EXERCISE DESCRIPTION =
Word for word, copy out the records given below.

╭─ ENTRIES SUPPLIED

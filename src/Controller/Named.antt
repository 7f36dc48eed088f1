-- ===== src/Controller/Named.antt =====
-- What a decision of `_resolve_gate` is about, when the operator names the run.
use dvk_claude.Common.{String, ◌≡◌, sym, false, Option, none, some, List, [], ◌∷◌, eq_iff, arith}
use dvk_claude.Result.{
  ok, err, controller_error, ◌>>=◌, raise_if-eq-ok, Ensures, Ensures-ok, Ensures-err, Ensures-bind,
  Ensures-if,
}
use dvk_claude.Json.{Value, string}
use dvk_claude.Table.{find}
use dvk_claude.Controller.Schema.{Job, Decision, GateDecision, Db, Env, job_key}
use dvk_claude.Controller.Gates.{
  resolve_gate, decide_gate, repeat_decision, record_decision, new_decision, find_decision,
  waiting_source, names_other, matching_run,
}
use dvk_claude.Controller.Repeats.Decisions.{resolve_gate-IsAnswered, decision_eq-eq}

find_decision-names :
    (id gate : String) (ds : List GateDecision) (d : GateDecision)
    → find_decision id gate ds ≡ some d
    → (d.job_id ≡ id) × (d.gate ≡ gate)
unfolding find_decision
find_decision-names id gate [] d h = absurd cc
find_decision-names id gate (e ∷ ds) d h =
    grind (arith, h, find_decision-names id gate ds d, eq_iff e.job_id id, eq_iff e.gate gate)

not-other : (s t : String) → names_other (string s) t ≡ false → s ≡ t
not-other s t h = ground (arith, h, eq_iff s t)

matching_run-names :
    (s : String) (o : Option String) → Ensures (λ run. run ≡ s) (matching_run (string s) o)
matching_run-names s none = Ensures-err _
matching_run-names s (some run) =
    Ensures-if (names_other (string s) run) _ _ (λ _. Ensures-err _)
      (λ e. Ensures-ok run (sym (not-other s run e)))

waiting_source-names :
    (job : Job) (gate s : String) (db : Db)
    → Ensures (λ run. run ≡ s) (waiting_source job gate (string s) db)
unfolding waiting_source
waiting_source-names job gate s db = Ensures-bind _ _ λ _ _. Ensures-bind _ _ λ _ _.
    Ensures-bind _ _ λ _ _.
      Ensures-bind _ _
        λ current _. Ensures-bind _ _ λ _ _. matching_run-names s current.source_run_id

-- The decision is about the run that was named.
abbrev IsAbout : String → GateDecision × Db → Type 0
IsAbout s r = r.0.source_run_id ≡ s

decide_gate-IsAbout :
    (env : Env) (job : Job) (gate s : String) (decision : Decision) (actor : String)
    (why : Option String) (db : Db)
    → Ensures (IsAbout s) (decide_gate env job gate decision (string s) actor why db)
unfolding decide_gate record_decision repeat_decision
decide_gate-IsAbout env job gate s decision actor why db =
    by_found (find_decision job.job_id gate db.gate_decisions)
  where
    by_found :
        (o : Option GateDecision)
        → Ensures (IsAbout s) (elim o [
          | some d ↦ repeat_decision d decision (string s) db
          | none ↦ waiting_source job gate (string s) db >>= λ run_id.
              ok (record_decision env (new_decision env job gate decision actor why run_id) db)
        ])
    by_found (some d) = Ensures-bind _ _ λ _ n.
        Ensures-bind _ _
          λ _ _. Ensures-ok _ (sym (not-other s d.source_run_id (raise_if-eq-ok _ _ n)))
    by_found none =
        Ensures-bind _ _
          λ run_id e. Ensures-ok _ ((waiting_source-names job gate s db).holds run_id e)

resolve_gate-IsAbout :
    (env : Env) (id gate s : String) (decision : Decision) (actor why : Value) (db : Db)
    → Ensures
        (IsAbout s)
        (resolve_gate env (string id) (string gate) decision (string s) actor why db)
unfolding resolve_gate
resolve_gate-IsAbout env id gate s decision actor why db = Ensures-bind _ _ λ i _.
    Ensures-bind _ _ λ name _.
      Ensures-bind _ _
        λ who _. Ensures-bind _ _ λ reason _. by_job (find job_key i db.jobs) name who reason
  where
    by_job :
        (o : Option Job) (name who : String) (reason : Option String)
        → Ensures (IsAbout s) (elim o [
          | none ↦ err (controller_error "unknown job")
          | some job ↦ decide_gate env job name decision (string s) who reason db
        ])
    by_job none name who reason = Ensures-err _
    by_job (some job) name who reason = decide_gate-IsAbout env job name s decision who reason db

-- What a decision says: of which job, gate and run, and what was decided.
pub record Says (id gate s : String) (decision : Decision) (d : GateDecision) : Type 0 where
  pub of_job : d.job_id ≡ id
  pub of_gate : d.gate ≡ gate
  pub of_run : d.source_run_id ≡ s
  pub is_decided : d.decision ≡ decision

pub resolve_gate-Says :
    (env : Env) (id gate s : String) (decision : Decision) (actor why : Value) (db : Db)
    → Ensures
        (λ r. Says id gate s decision r.0)
        (resolve_gate env (string id) (string gate) decision (string s) actor why db)
resolve_gate-Says env id gate s decision actor why db = record {
  holds = λ r h.
      let (_, _, (_, found, eq)) =
        (resolve_gate-IsAnswered env id gate decision (string s) actor why db).holds r h in
      let (j, g) = find_decision-names id gate r.1.gate_decisions r.0 found in
      record {
        of_job = j;
        of_gate = g;
        of_run = (resolve_gate-IsAbout env id gate s decision actor why db).holds r h;
        is_decided = decision_eq-eq r.0.decision decision eq;
      };
}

╰─

PROBLEM SOLUTION =
filename src/Controller/Named.antt
repository 7f36dc48eed088f1
-- ===== src/Controller/Named.antt =====
-- What a decision of `_resolve_gate` is about, when the operator names the run.
use dvk_claude.Common.{String, ◌≡◌, sym, false, Option, none, some, List, [], ◌∷◌, eq_iff, arith}
use dvk_claude.Result.{
  ok, err, controller_error, ◌>>=◌, raise_if-eq-ok, Ensures, Ensures-ok, Ensures-err, Ensures-bind,
  Ensures-if,
}
use dvk_claude.Json.{Value, string}
use dvk_claude.Table.{find}
use dvk_claude.Controller.Schema.{Job, Decision, GateDecision, Db, Env, job_key}
use dvk_claude.Controller.Gates.{
  resolve_gate, decide_gate, repeat_decision, record_decision, new_decision, find_decision,
  waiting_source, names_other, matching_run,
}
use dvk_claude.Controller.Repeats.Decisions.{resolve_gate-IsAnswered, decision_eq-eq}

find_decision-names :
    (id gate : String) (ds : List GateDecision) (d : GateDecision)
    → find_decision id gate ds ≡ some d
    → (d.job_id ≡ id) × (d.gate ≡ gate)
unfolding find_decision
find_decision-names id gate [] d h = absurd cc
find_decision-names id gate (e ∷ ds) d h =
    grind (arith, h, find_decision-names id gate ds d, eq_iff e.job_id id, eq_iff e.gate gate)

not-other : (s t : String) → names_other (string s) t ≡ false → s ≡ t
not-other s t h = ground (arith, h, eq_iff s t)

matching_run-names :
    (s : String) (o : Option String) → Ensures (λ run. run ≡ s) (matching_run (string s) o)
matching_run-names s none = Ensures-err _
matching_run-names s (some run) =
    Ensures-if (names_other (string s) run) _ _ (λ _. Ensures-err _)
      (λ e. Ensures-ok run (sym (not-other s run e)))

waiting_source-names :
    (job : Job) (gate s : String) (db : Db)
    → Ensures (λ run. run ≡ s) (waiting_source job gate (string s) db)
unfolding waiting_source
waiting_source-names job gate s db = Ensures-bind _ _ λ _ _. Ensures-bind _ _ λ _ _.
    Ensures-bind _ _ λ _ _.
      Ensures-bind _ _
        λ current _. Ensures-bind _ _ λ _ _. matching_run-names s current.source_run_id

-- The decision is about the run that was named.
abbrev IsAbout : String → GateDecision × Db → Type 0
IsAbout s r = r.0.source_run_id ≡ s

decide_gate-IsAbout :
    (env : Env) (job : Job) (gate s : String) (decision : Decision) (actor : String)
    (why : Option String) (db : Db)
    → Ensures (IsAbout s) (decide_gate env job gate decision (string s) actor why db)
unfolding decide_gate record_decision repeat_decision
decide_gate-IsAbout env job gate s decision actor why db =
    by_found (find_decision job.job_id gate db.gate_decisions)
  where
    by_found :
        (o : Option GateDecision)
        → Ensures (IsAbout s) (elim o [
          | some d ↦ repeat_decision d decision (string s) db
          | none ↦ waiting_source job gate (string s) db >>= λ run_id.
              ok (record_decision env (new_decision env job gate decision actor why run_id) db)
        ])
    by_found (some d) = Ensures-bind _ _ λ _ n.
        Ensures-bind _ _
          λ _ _. Ensures-ok _ (sym (not-other s d.source_run_id (raise_if-eq-ok _ _ n)))
    by_found none =
        Ensures-bind _ _
          λ run_id e. Ensures-ok _ ((waiting_source-names job gate s db).holds run_id e)

resolve_gate-IsAbout :
    (env : Env) (id gate s : String) (decision : Decision) (actor why : Value) (db : Db)
    → Ensures
        (IsAbout s)
        (resolve_gate env (string id) (string gate) decision (string s) actor why db)
unfolding resolve_gate
resolve_gate-IsAbout env id gate s decision actor why db = Ensures-bind _ _ λ i _.
    Ensures-bind _ _ λ name _.
      Ensures-bind _ _
        λ who _. Ensures-bind _ _ λ reason _. by_job (find job_key i db.jobs) name who reason
  where
    by_job :
        (o : Option Job) (name who : String) (reason : Option String)
        → Ensures (IsAbout s) (elim o [
          | none ↦ err (controller_error "unknown job")
          | some job ↦ decide_gate env job name decision (string s) who reason db
        ])
    by_job none name who reason = Ensures-err _
    by_job (some job) name who reason = decide_gate-IsAbout env job name s decision who reason db

-- What a decision says: of which job, gate and run, and what was decided.
pub record Says (id gate s : String) (decision : Decision) (d : GateDecision) : Type 0 where
  pub of_job : d.job_id ≡ id
  pub of_gate : d.gate ≡ gate
  pub of_run : d.source_run_id ≡ s
  pub is_decided : d.decision ≡ decision

pub resolve_gate-Says :
    (env : Env) (id gate s : String) (decision : Decision) (actor why : Value) (db : Db)
    → Ensures
        (λ r. Says id gate s decision r.0)
        (resolve_gate env (string id) (string gate) decision (string s) actor why db)
resolve_gate-Says env id gate s decision actor why db = record {
  holds = λ r h.
      let (_, _, (_, found, eq)) =
        (resolve_gate-IsAnswered env id gate decision (string s) actor why db).holds r h in
      let (j, g) = find_decision-names id gate r.1.gate_decisions r.0 found in
      record {
        of_job = j;
        of_gate = g;
        of_run = (resolve_gate-IsAbout env id gate s decision actor why db).holds r h;
        is_decided = decision_eq-eq r.0.decision decision eq;
      };
}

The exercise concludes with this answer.